Hastie et al. (2022) found that ridge regularization is essential in high dimensional linear regression $y=\beta^Tx + \epsilon$ with isotropic co-variates $x\in \mathbb{R}^d$ and $n$ samples at fixed $d/n$. However, Hastie et al. (2022) also notes that when the co-variates are anisotropic and $\beta$ is aligned with the top eigenvalues of population covariance, the "situation is qualitatively different." In the present article, we make precise this observation for linear regression with highly anisotropic covariances and diverging $d/n$. We find that simply scaling up (or inflating) the minimum $\ell_2$ norm interpolator by a constant greater than one can improve the generalization error. This is in sharp contrast to traditional regularization/shrinkage prescriptions. Moreover, we use a data-splitting technique to produce consistent estimators that achieve generalization error comparable to that of the optimally inflated minimum-norm interpolator. Our proof relies on apparently novel matching upper and lower bounds for expectations of Gaussian random projections for a general class of anisotropic covariance matrices when $d/n\to \infty$.
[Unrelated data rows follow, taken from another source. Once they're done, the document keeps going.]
-- ===== src/Pmm/BootCount.antt =====
-- `pmm_init`: its counters agree with the bitmap.
use chanux.Common.{
  ℕ, zero, suc, ◌+◌, ◌*◌, ◌%◌, ◌<◌, ◌≤◌, ◌≡◌, sym, true, ◌==◌, ltb, leb, ◌&&◌, if◌then◌else◌, inl,
  inr, arith, Bool-cases, Option-cases, some, List, [], ◌∷◌, add64,
}
use chanux.Bitmap.{IsBytes, bitmap_test, count_free, find_free}
use chanux.Bitmap.Count.{count_free-set, count_free-clear, count_free-le}
use chanux.Bitmap.Search.{count_free-AllSet, find_free-some}
use chanux.Pmm.{Pmm, page_size, max_pages, addr_to_pfn, for_pages, reserve_page, reserve_pages}
use chanux.Pmm.Init.{
  MemoryMapEntry, memory_type_usable, all_used, release_page, release_pages, region_start,
  region_end, add_region, add_regions, reserve_system, find_hint, init,
}
use chanux.Pmm.Valid.{IsValid}
use chanux.Pmm.Boot.{
  covers, covered, in_pages, release_page-IsBytes, reserve_page-IsBytes, test-release_page,
  test-add_region, add_region-IsBytes, add_regions-IsBytes, test-all_used, all_used-IsBytes,
  init-bitmap,
}

-- The free count is the number of clear bits.
abbrev IsCounted : Pmm → Type 0
IsCounted s = s.free_count ≡ count_free s.bitmap max_pages

release_page-IsCounted :
    (s : Pmm) (addr : ℕ)
    → IsBytes s.bitmap
    → (addr_to_pfn addr < max_pages → bitmap_test s.bitmap (addr_to_pfn addr) ≡ true)
    → IsCounted s
    → IsCounted (release_page s addr)
unfolding release_page
release_page-IsCounted s addr v used c = elim (Bool-cases (ltb (addr_to_pfn addr) max_pages)) [
  | inl inside ↦ rw inside (
      omega (
        arith,
        c,
        count_free-clear s.bitmap v (addr_to_pfn addr) max_pages (ground arith)
            (used (ground arith)),
        count_free-le s.bitmap max_pages,
      ))
  | inr outside ↦ rw outside c
]

reserve_page-IsCounted :
    (s : Pmm) (addr : ℕ) → IsBytes s.bitmap → IsCounted s → IsCounted (reserve_page s addr)
unfolding reserve_page
reserve_page-IsCounted s addr v c = elim (Bool-cases (leb max_pages (addr_to_pfn addr))) [
  | inl outside ↦ rw outside c
  | inr inside ↦ elim (Bool-cases (bitmap_test s.bitmap (addr_to_pfn addr))) [
    | inl used ↦ rw (inside, used) c
    | inr free ↦
        rw (inside, free)
          (omega (
            arith,
            c,
            count_free-set s.bitmap v (addr_to_pfn addr) max_pages (ground arith) free,
            count_free-le s.bitmap max_pages,
          ))
  ]
]

for_pages-IsCounted :
    (n i : ℕ) (s : Pmm) (addr : ℕ)
    → IsBytes s.bitmap
    → IsCounted s
    → IsCounted (for_pages reserve_page s addr i n)
unfolding for_pages
for_pages-IsCounted zero i s addr v c = c
for_pages-IsCounted (suc n) i s addr v c =
    let here = add64 addr (i * page_size) in
    for_pages-IsCounted n (i + 1) (reserve_page s here) addr (reserve_page-IsBytes s here v)
      (reserve_page-IsCounted s here v c)

for_pages-IsBytes :
    (n i : ℕ) (s : Pmm) (addr : ℕ)
    → IsBytes s.bitmap
    → IsBytes (for_pages reserve_page s addr i n).bitmap
unfolding for_pages
for_pages-IsBytes zero i s addr v = v
for_pages-IsBytes (suc n) i s addr v =
    for_pages-IsBytes n (i + 1) (reserve_page s (add64 addr (i * page_size))) addr
      (reserve_page-IsBytes s (add64 addr (i * page_size)) v)

reserve_region-IsCounted :
    (s : Pmm) (addr : ℕ)
    → IsBytes s.bitmap × IsCounted s
    → IsBytes (reserve_pages s addr 256).bitmap × IsCounted (reserve_pages s addr 256)
unfolding reserve_pages
reserve_region-IsCounted s addr (v, c) =
    (for_pages-IsBytes 256 0 s addr v, for_pages-IsCounted 256 0 s addr v c)

reserve_system-IsCounted :
    (s : Pmm)
    → IsBytes s.bitmap × IsCounted s
    → IsBytes (reserve_system s).bitmap × IsCounted (reserve_system s)
unfolding reserve_system
reserve_system-IsCounted s h = reserve_region-IsCounted _ 0x300000 (
    reserve_region-IsCounted _ 0x200000
      (reserve_region-IsCounted _ 0x100000 (reserve_region-IsCounted s 0 h)))

-- A region whose pages are all used is released with an exact count.
release_pages-IsCounted :
    (n : ℕ) (s : Pmm) (start : ℕ)
    → IsBytes s.bitmap
    → start % page_size ≡ 0
    → ((r : ℕ) → r < max_pages → in_pages start n r ≡ true → bitmap_test s.bitmap r ≡ true)
    → IsCounted s
    → IsCounted (release_pages s start n)
unfolding release_pages
release_pages-IsCounted zero s start v a used c = c
release_pages-IsCounted (suc n) s start v a used c =
    release_pages-IsCounted n (release_page s start) (start + page_size)
      (release_page-IsBytes s start v) (omega arith)
      (λ r h p. ground (arith, test-release_page r h s start v, used r h (ground arith)))
      (release_page-IsCounted s start v (λ h. used (addr_to_pfn start) h (ground arith)) c)

add_region-IsCounted :
    (s : Pmm) (e : MemoryMapEntry)
    → IsBytes s.bitmap
    → ((r : ℕ) → r < max_pages → covers e r ≡ true → bitmap_test s.bitmap r ≡ true)
    → IsCounted s
    → IsCounted (add_region s e)
unfolding add_region covers
add_region-IsCounted s e v used c =
    elim (Bool-cases (e.type == memory_type_usable && ltb (region_start e) (region_end e))) [
      | inl usable ↦ rw usable (
          release_pages-IsCounted _ s (region_start e) v (omega arith)
            (λ r h p. used r h (ground arith)) c)
      | inr other ↦ rw other c
    ]

-- How many entries of the map give page `r` as usable.
unfoldable pub count_covers : List MemoryMapEntry → ℕ → ℕ
count_covers [] r = 0
count_covers (e ∷ es) r = (if covers e r then 1 else 0) + count_covers es r

covered→count : (es : List MemoryMapEntry) (r : ℕ) → covered es r ≡ true → 0 < count_covers es r
unfolding covered count_covers
covered→count [] r h = absurd (ground arith)
covered→count (e ∷ es) r h = ground (arith, covered→count es r)

add_regions-IsCounted :
    (es : List MemoryMapEntry) (s : Pmm)
    → IsBytes s.bitmap
    → ((r : ℕ) → count_covers es r ≤ 1)
    → ((r : ℕ) → r < max_pages → covered es r ≡ true → bitmap_test s.bitmap r ≡ true)
    → IsCounted s
    → IsCounted (add_regions s es)
unfolding add_regions covered count_covers
add_regions-IsCounted [] s v once used c = c
add_regions-IsCounted (e ∷ es) s v once used c =
    add_regions-IsCounted es (add_region s e) (add_region-IsBytes s e v)
      (λ r. omega (arith, once r))
      (λ r h p.
        ground
          (arith, test-add_region r h s e v, used r h (ground arith), once r, covered→count es r p))
      (add_region-IsCounted s e v (λ r h p. used r h (ground arith)) c)

all_used-IsCounted : IsCounted all_used
all_used-IsCounted = sym (count_free-AllSet all_used.bitmap max_pages (λ r p q. test-all_used r))

find_hint-le : (s : Pmm) → (find_hint s).first_free_hint ≤ max_pages
unfolding find_hint
find_hint-le s = elim (Option-cases (find_free s.bitmap max_pages 0)) [
  | inl nothing ↦ rw (nothing, find_hint) (omega arith)
  | inr (q, found) ↦ rw (found, find_hint) (omega (arith, (find_free-some _ _ _ q found).before))
]

find_hint-IsValid :
    (s : Pmm)
    → IsBytes s.bitmap × IsCounted s
    → bitmap_test (find_hint s).bitmap 0 ≡ true
    → IsValid (find_hint s)
unfolding find_hint
find_hint-IsValid s h z = record {
  bytes = h.0;
  counted = h.1;
  hint_in = find_hint-le s;
  zero_used = z;
}

-- If no page lies in two usable regions of the memory map and pmm_init succeeds, it ends in a valid
-- state: the free count is the number of clear bits, the hint is in range and page 0 is used.
pub init-IsValid :
    (es : List MemoryMapEntry) {s : Pmm}
    → ((r : ℕ) → count_covers es r ≤ 1)
    → init es ≡ some s
    → IsValid s
unfolding init
init-IsValid [] once e = absurd (ground arith)
init-IsValid (e ∷ es) {s} once eq =
    let freed = add_regions all_used (e ∷ es) in
    let started = record freed { total_pages = freed.free_count } in
    let same : find_hint (reserve_system started) ≡ s = ground arith in
    rw same at (
      find_hint-IsValid (reserve_system started)
        (reserve_system-IsCounted started (
          add_regions-IsBytes (e ∷ es) all_used all_used-IsBytes,
          add_regions-IsCounted (e ∷ es) all_used all_used-IsBytes once (λ r p q. test-all_used r)
              all_used-IsCounted,
        ))
        (rw same (init-bitmap (e ∷ es) 0 eq (omega arith))))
翻译：Hastie等人（2022）发现，在各向同性协变量$x\in \mathbb{R}^d$、样本量为$n$且固定$d/n$的高维线性回归$y=\beta^Tx + \epsilon$中，岭正则化至关重要。然而，Hastie等人（2022）也指出，当协变量呈各向异性且$\beta$与总体协方差矩阵的顶部特征值对齐时，"情况在性质上有所不同"。本文针对具有高度各向异性协方差和发散$d/n$的线性回归，精确阐述了这一观察结果。我们发现，仅需将最小$\ell_2$范数插值器按大于1的常数进行放大（或膨胀），即可改善泛化误差。这与传统的正则化/收缩方法形成鲜明对比。此外，我们采用数据分割技术构建了一致估计量，其泛化误差可达最优膨胀最小范数插值器的可比水平。我们的证明依赖于当$d/n\to \infty$时，针对一类广义各向异性协方差矩阵的高斯随机投影期望值，建立了明显新颖的上下界匹配关系。